Dans cet article, monsieur le secrétaire d'État, vous proposez que, pour la réalisation des infrastructures et la mise à disposition des matériels, la Société du Grand Paris recoure éventuellement à un contrat de partenariat public-privé, qui pourra également porter sur l'entretien et le renouvellement des lignes, ouvrages, installations et matériels concernés.
Vous n'en serez pas surpris, nous sommes plus que réservés sur le recours à cette technique contractuelle, sur laquelle le Conseil constitutionnel et la Cour des comptes ont déjà émis les plus vives réserves.

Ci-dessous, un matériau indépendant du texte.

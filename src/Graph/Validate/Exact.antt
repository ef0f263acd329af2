-- ===== src/Graph/Validate/Exact.antt =====
-- src/engine/graph-validation.ts: validateWorkflow against the well-formed workflows.
use spane.Base.{
  ℕ, zero, suc, ◌+◌, ◌≤◌, String, ◌≡◌, ◌≢◌, refl, ◌↔◌, ◌⊎◌, inl, inr, true, false, Option, none,
  some, List, [], ◌∷◌, ◌++◌, map, has, length, select, Bool-cases, arith, eq_iff,
}
use spane.Types.Workflow.{NodeDefinition, WorkflowDefinition}
use spane.Graph.Edges.{OnCycle}
use spane.Graph.Errors.{ValidationError}
use spane.Graph.Cycle.{detect_cycle}
use spane.Graph.Cycle.Detect.{nodes_by_id, detect_cycle_iff}
use spane.Graph.Cycle.Severity.{detect_cycle-error}
use spane.Graph.References.{find_missing_references, find_duplicate_node_ids}
use spane.Graph.References.Exact.{
  Mentions, occurrences, find_missing_references_iff, find_duplicate_node_ids_iff,
}
use spane.Graph.Validate.{
  some_node, validate_entry_node, push_error, push_found, duplicate_error, missing_error,
  unreachable_warning, collected_errors, is_error, validate_workflow, is_valid_workflow,
}

-- An entry node that exists, or none and a list of triggers.
abbrev pub EntryIsValid : WorkflowDefinition → Type 0
EntryIsValid w =
    ((w.entry_node_id ≡ "") × (w.triggers ≢ none))
    ⊎ ((w.entry_node_id ≢ "") × (has (map (λ n. n.id) w.nodes) w.entry_node_id ≡ true))

pub record WellFormed (w : WorkflowDefinition) : Type 0 where
  pub entry : EntryIsValid w
  pub acyclic : (u : String) → ¬ OnCycle (nodes_by_id w) u
  pub unique : (u : String) → occurrences w.nodes u ≤ 1
  pub closed : (u : String) → Mentions w.nodes u → has (map (λ n. n.id) w.nodes) u ≡ true

some_node-has :
    (ns : List NodeDefinition) (u : String) → some_node ns u ≡ has (map (λ n. n.id) ns) u
unfolding some_node has
some_node-has [] u = refl
some_node-has (n ∷ ns) u = ground (arith, some_node-has ns u)

-- validateEntryNode returns null exactly if the entry is valid: its id is that of a node of the workflow,
-- or there is none and there are triggers.
pub validate_entry_node_iff :
    (w : WorkflowDefinition) → (validate_entry_node w ≡ none) ↔ EntryIsValid w
unfolding validate_entry_node
validate_entry_node_iff w =
    ground (arith, eq_iff w.entry_node_id "", some_node-has w.nodes w.entry_node_id)

validate_entry_node-error :
    (w : WorkflowDefinition) (e : ValidationError)
    → validate_entry_node w ≡ some e
    → is_error e ≡ true
unfolding validate_entry_node
validate_entry_node-error w e h = ground arith

cycle_counts :
    (w : WorkflowDefinition) (e : ValidationError) → detect_cycle w ≡ some e → is_error e ≡ true
cycle_counts w e h = rw (detect_cycle-error w e h, is_error)

at_most : (n : ℕ) → (n ≤ 1) ⊎ (2 ≤ n)
at_most zero = inl (omega arith)
at_most (suc zero) = inl (omega arith)
at_most (suc (suc n)) = inr (omega arith)

nil_of_none_has : (xs : List String) → ((u : String) → has xs u ≡ false) → xs ≡ []
unfolding has
nil_of_none_has [] h = refl
nil_of_none_has (x ∷ xs) h = ground (arith, h x, eq_iff x x)

errors_of : List ValidationError → ℕ
errors_of es = length (select is_error es)

errors_of-append :
    (xs ys : List ValidationError) → errors_of (xs ++ ys) ≡ errors_of xs + errors_of ys
unfolding errors_of
errors_of-append [] ys = omega arith
errors_of-append (x ∷ xs) ys = ground (arith, errors_of-append xs ys)

errors_of-push_error :
    (o : Option ValidationError)
    → ((e : ValidationError) → o ≡ some e → is_error e ≡ true)
    → (errors_of (push_error o) ≡ 0) ↔ (o ≡ none)
unfolding errors_of
errors_of-push_error none h = ground arith
errors_of-push_error (some e) h = ground (arith, h e refl)

errors_of-push_found :
    (make : List String → ValidationError) (xs : List String)
    → is_error (make xs) ≡ true
    → (errors_of (push_found make xs) ≡ 0) ↔ (xs ≡ [])
unfolding errors_of
errors_of-push_found make [] h = ground arith
errors_of-push_found make (x ∷ xs) h = ground arith

errors_of-warning : (xs : List String) → errors_of (push_found unreachable_warning xs) ≡ 0
unfolding errors_of
errors_of-warning [] = refl
errors_of-warning (x ∷ xs) = refl

valid-errors_of :
    (w : WorkflowDefinition)
    → ((validate_workflow w).valid ≡ true) ↔ (errors_of (collected_errors w) ≡ 0)
unfolding validate_workflow errors_of
valid-errors_of w = ground arith

errors_of-collected :
    (w : WorkflowDefinition)
    → errors_of (collected_errors w)
      ≡ errors_of (push_error (validate_entry_node w))
        + (errors_of (push_error (detect_cycle w))
            + (errors_of (push_found duplicate_error (find_duplicate_node_ids w))
                + (errors_of (push_found missing_error (find_missing_references w)) + 0)))
unfolding collected_errors
errors_of-collected w = simp errors_of-append (rw errors_of-warning refl)

valid_parts :
    (w : WorkflowDefinition)
    → ((validate_workflow w).valid ≡ true) ↔ (
        (validate_entry_node w ≡ none)
        × (detect_cycle w ≡ none)
        × (find_duplicate_node_ids w ≡ [])
        × (find_missing_references w ≡ []))
valid_parts w = ground (
  arith,
  valid-errors_of w,
  errors_of-collected w,
  errors_of-push_error (validate_entry_node w) (validate_entry_node-error w),
  errors_of-push_error (detect_cycle w)
      (λ (e : ValidationError) (h : detect_cycle w ≡ some e). cycle_counts w e h),
  errors_of-push_found duplicate_error (find_duplicate_node_ids w) refl,
  errors_of-push_found missing_error (find_missing_references w) refl,
)

unique_iff :
    (w : WorkflowDefinition)
    → (find_duplicate_node_ids w ≡ []) ↔ ((u : String) → occurrences w.nodes u ≤ 1)
unfolding has
unique_iff w = (
  λ e u. elim (at_most (occurrences w.nodes u)) [
    | inl few ↦ few
    | inr many ↦
        let m : has [] u ≡ true = rw e at ((find_duplicate_node_ids_iff w u).1 many) in cc m
  ],
  λ few. nil_of_none_has (find_duplicate_node_ids w) (λ u.
      elim (Bool-cases (has (find_duplicate_node_ids w) u)) [
        | inl m ↦ absurd (omega (arith, (find_duplicate_node_ids_iff w u).0 m, few u))
        | inr m ↦ m
      ]),
)

closed_iff :
    (w : WorkflowDefinition)
    → (find_missing_references w ≡ [])
      ↔ ((u : String) → Mentions w.nodes u → has (map (λ n. n.id) w.nodes) u ≡ true)
unfolding has
closed_iff w = (
  λ e u m. elim (Bool-cases (has (map (λ n. n.id) w.nodes) u)) [
    | inl k ↦ k
    | inr k ↦ let f : has [] u ≡ true = rw e at ((find_missing_references_iff w u).1 (m, k)) in cc f
  ],
  λ closed. nil_of_none_has (find_missing_references w) (λ u.
      elim (Bool-cases (has (find_missing_references w) u)) [
        | inl f ↦ let (m, k) = (find_missing_references_iff w u).0 f in cc (closed u m, k)
        | inr f ↦ f
      ]),
)

-- isValidWorkflow holds exactly for the workflows whose entry is valid (a node of the
-- workflow, or none beside triggers), whose outputs form no cycle,
-- whose ids are unique and whose inputs and outputs name nodes of the workflow. Nodes that the entry
-- node does not reach never make a workflow invalid.
pub is_valid_workflow_iff : (w : WorkflowDefinition) → (is_valid_workflow w ≡ true) ↔ WellFormed w
unfolding is_valid_workflow
is_valid_workflow_iff w = (
  λ h.
      let (entry, cycle, dup, missing) = (valid_parts w).0 h in
      record {
        entry = (validate_entry_node_iff w).0 entry;
        acyclic = (detect_cycle_iff w).0 cycle;
        unique = (unique_iff w).0 dup;
        closed = (closed_iff w).0 missing;
      },
  λ f. (valid_parts w).1 (
    (validate_entry_node_iff w).1 f.entry,
    (detect_cycle_iff w).1 f.acyclic,
    (unique_iff w).1 f.unique,
    (closed_iff w).1 f.closed,
  ),
)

En 2003, le Conseil constitutionnel avait estimé que les contrats de partenariat public-privé, qui dérogent au droit commun de la commande publique, sont susceptibles de « priver de garanties légales les exigences constitutionnelles inhérentes à l'égalité devant la commande publique, à la protection de la propriété publique et au bon usage des deniers publics ».
Le bon usage des deniers publics préoccupe également la Cour des comptes. Elle cite plusieurs cas où la conclusion de contrats de partenariat s'est révélée finalement plus coûteuse pour la collectivité que ne l'aurait été le recours aux solutions plus classiques, que votre majorité juge à tort trop rigides. Deux de ces exemples sont bien connus : le centre des archives du ministère des affaires étrangères et le pôle du renseignement du ministère de l'intérieur.
Concernant le secteur des transports terrestres, qui intéresse directement ce projet de loi, il n'est pas inutile de rappeler qu'un rapport sénatorial de la mission d'information sur les infrastructures de transport a estimé il y a deux ans que « la voie des partenariats public-privé ne saurait en aucun cas constituer une solution miracle au problème de financement des infrastructures de transports ». La preuve en est donnée par « les difficultés rencontrées par certains projets français comme le tramway de Mulhouse ».
Monsieur le secrétaire d'État, le Gouvernement s'est attaché ces dernières années à libéraliser le financement des services publics et des politiques d'aménagement. Le projet du Grand Paris n'échappe pas à ce qui devient désormais une règle. Mais le recours à ce type de contrat soulève plus de problèmes qu'il n'en résout. L'appel aux capitaux privés – vous l'avez confirmé – aura pour contrepartie la rémunération des fonds investis. Celle-ci passe notamment par l'utilisation du domaine public à des fins commerciales, par la réalisation de baux commerciaux et par la délivrance d'autorisations de construction, sans que personne puisse évaluer la pertinence de l'occupation du domaine public. C'est un motif plus que suffisant – mais il y en a d'autres – de rejeter l'article dans sa rédaction actuelle.